Bush may be Backing Away from Road Map
By Guy Dinmore
September 06, 2003

Colin Powell, US secretary of state, reiterated this week that the US remained "fully engaged" in efforts to pursue the diplomatic "road map" for peace between Israel and the Palestinians.

But against a background of resumed Palestinian suicide bombings and Israel's "targeted killings", some officials say the White House is stepping back from the process.

President George W. Bush is unlikely, they say, to take the risk of pursuing a strong personal commitment as he embarks on the 2004 presidential election campaign. Indeed, one official said this week that the president's personal involvement was already over.

Mr Bush can point to the Middle East summits he held in June and his meetings in late July in Washington with Ariel Sharon, the Israeli prime minister, and Mahmoud Abbas of the Palestinian Authority.
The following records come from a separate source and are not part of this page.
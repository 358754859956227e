-- ===== src/Conf/Tests.antt =====
-- Runs of the configuration parser, and its theorems at a small file.
use record_lib.Base.{
  ℕ, zero, suc, ◌*◌, ◌≡◌, refl, Option, some, none, [], ◌∷◌, arith, false, replicate,
}
use record_lib.Conf.{Conf, conf_node, null, blank, proc_mod_t, char_t, ok}
use record_lib.Conf.Scan.{
  find_valid_name, find_valid_value, find_valid_array_value, is_sub_node, is_array_node, jumpspace,
}
use record_lib.Conf.Parser.{
  parse, parse_main, parse_smodlh, parse_arraylh, sub_loop, array_loop, entry, sub_value,
  main_value, check_keyword,
}
use record_lib.Conf.Lookup.{
  get_proc_mod, get_value_from_node, get_submod_from_node, get_array_from_node,
  get_value_from_array_by_index,
}
use record_lib.Conf.Chars.{valid_name, valid_value, jump, span}
use record_lib.Conf.Text.{
  Bytes, File, nil, value, block, array, process, render_file, file_conf, GoodFile, IsKey, IsValue,
}
use record_lib.Conf.RoundTrip.{parse-render_file}
use record_lib.Conf.Termination.{parse_returns}
use record_lib.Conf.Buffer.{readfile, read_loop, readfile_overruns, Answers, sum}
use record_lib.Conf.Found.{
  assoc, top_values, top_blocks, top_arrays, value_in, ReadsArray, read_values, read_arrays,
}

abbrev ip : Bytes
ip = b'i' ∷ b'p' ∷ []

abbrev address : Bytes
address = b'1' ∷ b'.' ∷ b'2' ∷ []

abbrev db : Bytes
db = b'd' ∷ b'b' ∷ []

-- `ip 1.2;db{ip 1.2;db[1.2,ip]}db[ip]proc db{ip db;}`
abbrev file : File
file = value ip address (
    block db (value ip address (array db (address ∷ ip ∷ []) nil))
      (array db (ip ∷ []) (process db (value ip db nil) nil)))

file-GoodFile : GoodFile file
unfolding valid_name valid_value
file-GoodFile = ground arith

file_runs : parse false 20 (render_file file) ≡ ok (some (file_conf file))
unfolding parse parse_main parse_smodlh parse_arraylh sub_loop array_loop entry sub_value main_value
    find_valid_name find_valid_value find_valid_array_value is_sub_node is_array_node check_keyword
    jumpspace jump span valid_name valid_value
file_runs = refl

parse-render_file_example : parse false 20 (render_file file) ≡ ok (some (file_conf file))
parse-render_file_example = parse-render_file false 20 file file-GoodFile (omega arith)

parse_returns_example :
    (conf : Option Conf) × (parse false 9 (b'i' ∷ b'p' ∷ b' ' ∷ b'1' ∷ b'{' ∷ b'}' ∷ []) ≡ ok conf)
parse_returns_example =
    parse_returns false 9 (b'i' ∷ b'p' ∷ b' ' ∷ b'1' ∷ b'{' ∷ b'}' ∷ []) (omega arith) (omega arith)

ip-IsKey : IsKey ip
unfolding valid_name
ip-IsKey = ground arith

address-IsValue : IsValue address
unfolding valid_value
address-IsValue = ground arith

read_values_example :
    (c : Conf) × (parse false 20 (render_file file) ≡ ok (some c))
    × ((vn : Bytes) → get_value_from_node c vn ≡ assoc vn (top_values file))
    × ((mn vn : Bytes)
        → get_value_from_node (get_submod_from_node c mn) vn
          ≡ value_in (assoc mn (top_blocks file)) vn)
read_values_example = read_values 20 file file-GoodFile (omega arith)

read_arrays_example :
    (c : Conf) × (parse false 20 (render_file file) ≡ ok (some c))
    × ((mn : Bytes) → ReadsArray (get_array_from_node c mn) (assoc mn (top_arrays file)))
read_arrays_example = read_arrays 20 file file-GoodFile (omega arith)

-- The node of the process stands behind the others.
reads_run :
    (get_proc_mod (file_conf file)
      ≡ conf_node db [] proc_mod_t (conf_node ip db char_t null blank) blank)
    × (get_value_from_array_by_index (get_array_from_node (file_conf file) db) 0 ≡ some (some ip))
    × (get_value_from_array_by_index (get_array_from_node (file_conf file) db) 1 ≡ some none)
unfolding get_proc_mod get_array_from_node get_value_from_array_by_index
reads_run = (refl, refl, refl)

-- A file in two short reads of the first block, and five bytes more.
short_reads : readfile (700 ∷ 324 ∷ 5 ∷ []) ≡ some 1029
unfolding readfile read_loop
short_reads = refl

full_blocks-Answers : (k : ℕ) → Answers 1024 (replicate k 1024)
full_blocks-Answers zero = tt
full_blocks-Answers (suc k) = (omega arith, omega arith, full_blocks-Answers k)

sum-full_blocks : (k : ℕ) → sum (replicate k 1024) ≡ 1024 * k
sum-full_blocks zero = refl
sum-full_blocks (suc k) = omega (arith, sum-full_blocks k)

-- 257 full blocks.
readfile_overruns_example : readfile (replicate 257 1024) ≡ none
readfile_overruns_example =
    readfile_overruns (replicate 257 1024) (full_blocks-Answers 257)
      (omega (arith, sum-full_blocks 257))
"You have not seen any recent phone calls," the official said. "This is not the time to take on the Jewish lobby," he added, referring to next year's election.
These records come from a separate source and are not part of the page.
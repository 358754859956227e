-- ===== src/Slab.antt =====
-- `pure_slab` of src/mem_pool/pure_slab.cpp: a chain of pools, each with a doubly linked list of
-- free blocks and one of used blocks. The payload of a block's node is its `mp`, the address of its
-- pool. The chain from `mp_mpool` along `next` is the list of the pools; `none` is a fault or that
-- the fuel of the walk over a new zone ran out.
pub mod Inv
pub mod Init
pub mod Take
pub mod Release
pub mod Alloc
pub mod Zone
pub mod Grow
pub mod Make
pub mod Template
pub mod Free
mod Tests
use record_lib.Base.{
  ℕ, zero, suc, ◌+◌, ◌-◌, ◌*◌, ◌/◌, ◌%◌, ◌^◌, Bool, true, false, ◌||◌, ◌&&◌, not, Option, none,
  some, List, [], ◌∷◌, ◌==◌, leb, ltb, if◌then◌else◌, ◌>>=◌, u32_mod,
}
use record_lib.Base.Align.{align_ptr, align_u32}
use record_lib.Links.{Ptr, null, node, Node, Heap, load, set_prev, set_next, set_val, link_back}

pub record SlabPool : Type 0 where
  pub addr : Ptr
  pub usedhead : Ptr
  pub freehead : Ptr
  pub length : ℕ
  pub off_t : ℕ

-- `max_num` and `alloced_num` are `s32`, kept as their 32 bits.
pub record Slab : Type 0 where
  pub heap : Heap Ptr
  pub pools : List SlabPool
  pub max_num : ℕ
  pub alloced_num : ℕ
  pub mbsize : ℕ
  pub poolsize : ℕ
  pub alignedsize : ℕ

-- `sizeof(memblock)` and `sizeof(mempool)` on a 64-bit machine.
abbrev pub sizeof_block : ℕ
sizeof_block = 24

abbrev pub sizeof_pool : ℕ
sizeof_pool = 32

-- `a <= b` on the bits of two `s32`.
abbrev pub s32_leb : ℕ → ℕ → Bool
s32_leb a b = leb ((a + 2 ^ 31) % u32_mod) ((b + 2 ^ 31) % u32_mod)

-- A new pool in the zone that `new_zone` answers. The two branches of the source differ in where
-- the chain takes the pool.
pub creat_pool : (fresh : Option ℕ) → ℕ → Option SlabPool
creat_pool none l = none
creat_pool (some true_mem) l =
    let mp = align_ptr true_mem 64 in
    let off = (mp - true_mem) % 256 in
    some (record {
      addr = mp;
      usedhead = null;
      freehead = null;
      length = (l + u32_mod - off) % u32_mod;
      off_t = off;
    })

-- The memory at `pos` is zero and becomes a block.
abbrev pub new_block : Ptr → Ptr → Heap Ptr → Heap Ptr
new_block pos pre h a = if a == pos then some (node null pre null) else h a

-- The `while` of `init_memblock`.
unfoldable pub block_loop :
    ℕ → (ul limit : ℕ) → (pos mbpre : Ptr) → ℕ → Heap Ptr → Option (Heap Ptr)
block_loop zero ul limit pos mbpre offs h = none
block_loop (suc k) ul limit pos mbpre offs h = if ltb limit offs then some h else do
  let g = new_block pos mbpre h
  g ← if mbpre == null then some g else set_next mbpre pos g
  block_loop k ul limit (pos + ul) pos ((offs + ul) % u32_mod) g

-- Its second `while`, which reads the chain and changes nothing.
pub chain_walk : ℕ → Ptr → Heap Ptr → Option Bool
chain_walk zero ph h = none
chain_walk (suc k) ph h = if ph == null then some true else do n ← load ph h; chain_walk k n.next h

pub init_blocks : ℕ → ℕ → SlabPool → Heap Ptr → Option (SlabPool × Heap Ptr)
init_blocks fuel ul p h = do
  let start = align_u32 sizeof_pool 8
  let limit = (p.length + u32_mod - ul) % u32_mod
  h ← block_loop fuel ul limit (p.addr + start) null start h
  walked ← chain_walk fuel (p.addr + start) h
  some (record p { freehead = p.addr + start; usedhead = null }, h)

-- The last part of `mempool_alloc`: the first free block goes to the front of the used list. With no
-- free block the source runs off its end.
unfoldable pub take_block : SlabPool → Heap Ptr → Option (Ptr × SlabPool × Heap Ptr)
take_block p h = do
  n ← load p.freehead h
  h ← link_back n.next null h
  h ← set_val p.freehead p.addr h
  h ← link_back p.usedhead p.freehead h
  h ← set_next p.freehead p.usedhead h
  h ← set_prev p.freehead null h
  some (p.freehead, record p { freehead = n.next; usedhead = p.freehead }, h)

-- The last pool of the chain is full: a new one is chained behind it.
pub grow :
    ℕ
    → (fresh : Option ℕ) (poolsize mbsize : ℕ) → SlabPool
    → Heap Ptr
    → Option (Option Ptr × List SlabPool × Heap Ptr)
grow fuel fresh poolsize mbsize p h = elim (creat_pool fresh poolsize) [
  | none ↦ some (none, p ∷ [], h)
  | some q ↦ do
    (q, h) ← init_blocks fuel mbsize q h
    (b, q, h) ← take_block q h
    some (some b, p ∷ q ∷ [], h)
]

-- The search along the chain for a pool with a free block.
pub chain_alloc :
    ℕ
    → (fresh : Option ℕ) (poolsize mbsize : ℕ) → List SlabPool
    → Heap Ptr
    → Option (Option Ptr × List SlabPool × Heap Ptr)
chain_alloc fuel fresh poolsize mbsize [] h = none
chain_alloc fuel fresh poolsize mbsize (p ∷ []) h =
    if p.freehead == null
    then grow fuel fresh poolsize mbsize p h
    else do (b, p, h) ← take_block p h; some (some b, p ∷ [], h)
chain_alloc fuel fresh poolsize mbsize (p ∷ q ∷ ps) h =
    let rest = chain_alloc fuel fresh poolsize mbsize (q ∷ ps) h in
    if p.freehead == null
    then (do (b, ps, h) ← rest; some (b, p ∷ ps, h))
    else do (b, p, h) ← take_block p h; some (some b, p ∷ q ∷ ps, h)

-- `m_max_num != -1 && m_max_num <= m_alloced_num`
abbrev pub at_limit : Slab → Bool
at_limit s = not (s.max_num == u32_mod - 1) && s32_leb s.max_num s.alloced_num

-- `mempool_alloc` behind its first test.
pub alloc_block : ℕ → (fresh : Option ℕ) → Slab → Option (Option Ptr × Slab)
alloc_block fuel fresh s = do
  (found, ps, h) ← chain_alloc fuel fresh s.poolsize s.mbsize s.pools s.heap
  elim found [
    | none ↦ some (none, record s { pools = ps; heap = h })
    | some b ↦ some (
      some (b + s.alignedsize),
      record s { pools = ps; heap = h; alloced_num = (s.alloced_num + 1) % u32_mod },
    )
  ]

-- `slab_alloc`, which passes the first pool to `mempool_alloc`.
pub slab_alloc : ℕ → (fresh : Option ℕ) → Slab → Option (Option Ptr × Slab)
unfolding alloc_block
slab_alloc fuel fresh s = if at_limit s then some (none, s) else alloc_block fuel fresh s

-- The block leaves the used list; the result has the new head of that list.
pub unlink_used : Ptr → SlabPool → Heap Ptr → Option (Ptr × Heap Ptr)
unlink_used b p h = do
  n ← load b h
  if n.prev == null
      then (do h ← link_back n.next null h; some (n.next, h))
      else do h ← (do h ← set_next n.prev n.next h; link_back n.next n.prev h); some (p.usedhead, h)

-- `slab_free` on a pool and one of its blocks.
pub release_block : Ptr → SlabPool → Heap Ptr → Option (SlabPool × Heap Ptr)
unfolding unlink_used
release_block b p h = do
  (used, h) ← unlink_used b p h
  h ← link_back p.freehead b h
  h ← set_prev b null h
  h ← set_next b p.freehead h
  some (record p { usedhead = used; freehead = b }, h)

-- The pool that the block names.
unfoldable pub release_in : Ptr → Ptr → List SlabPool → Heap Ptr → Option (List SlabPool × Heap Ptr)
unfolding release_block
release_in b mp [] h = none
release_in b mp (p ∷ ps) h =
    let rest = release_in b mp ps h in
    if p.addr == mp
    then (do (p, h) ← release_block b p h; some (p ∷ ps, h))
    else do (ps, h) ← rest; some (p ∷ ps, h)

pub slab_free : Ptr → Slab → Option Slab
unfolding release_in
slab_free addr s = do
  let b = addr - s.alignedsize
  n ← load b s.heap
  (ps, h) ← release_in b n.val s.pools s.heap
  some (record s { pools = ps; heap = h; alloced_num = (s.alloced_num + u32_mod - 1) % u32_mod })

-- The size of a block with its head.
abbrev pub block_bytes : ℕ → ℕ
block_bytes block_size = (align_u32 block_size 8 + align_u32 sizeof_block 8) % u32_mod

-- The constructors: a maximum of -1 is none.
pub new_slab : ℕ → (fresh : Option ℕ) (block_size pool_size num : ℕ) → Heap Ptr → Option Slab
new_slab fuel fresh block_size pool_size num h =
    let head = align_u32 sizeof_block 8 in
    let size = block_bytes block_size in
    let pages = align_u32 pool_size 4096 in
    let slab : List SlabPool → Heap Ptr → Slab = λ ps h. record {
      heap = h;
      pools = ps;
      max_num = num;
      alloced_num = 0;
      mbsize = size;
      poolsize = pages;
      alignedsize = head;
    } in
    elim (creat_pool fresh pages) [
      | none ↦ some (slab [] h)
      | some p ↦ do (p, h) ← init_blocks fuel size p h; some (slab (p ∷ []) h)
    ]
In her last big statement on the issue on August 25, Condoleezza Rice, national security adviser, said a week after a devastating suicide bus bombing in Jerusalem that Mr Bush remained committed to the course he laid out at the Red Sea summits. But she prefaced her remarks with the demand that Palestinian "terrorist networks" be dismantled.

Inter-agency foreign policy disputes have also handicapped the US effort. Officials said Richard Armitage, deputy secretary of state, was resisting a request by Ms Rice to go to Israel soon.

The Bush administration is clearly assigning blame for collapse of the tentative peace moves to the Palestinians, and in particular Yassir Arafat, the Palestinian Authority president.

Richard Boucher, State Department spokesman, said the US was still working with both sides on a variety of issues, adding ". . . I think we've left the emphasis right now where it belongs, which is on the Palestinians taking control of their security situation, moving against the terrorist groups".

Martin Indyk, Brookings Institution analyst and former US ambassador to Israel, now agrees with Mr Arafat that the road map is "dead". Mr Bush, he said, was tied up with Iraq and was "walking away" from the process.

Mr Indyk said Mr Abbas lacked the capacity to deal with militant groups, and first needed Israeli steps, such as troop withdrawals and prisoner releases, to give him the popular support he needed to take action. But Israel wanted the crackdown first.

"It was a vicious circle the US failed to break," he said. "It's been hard to fathom what we've been doing over the past couple of months."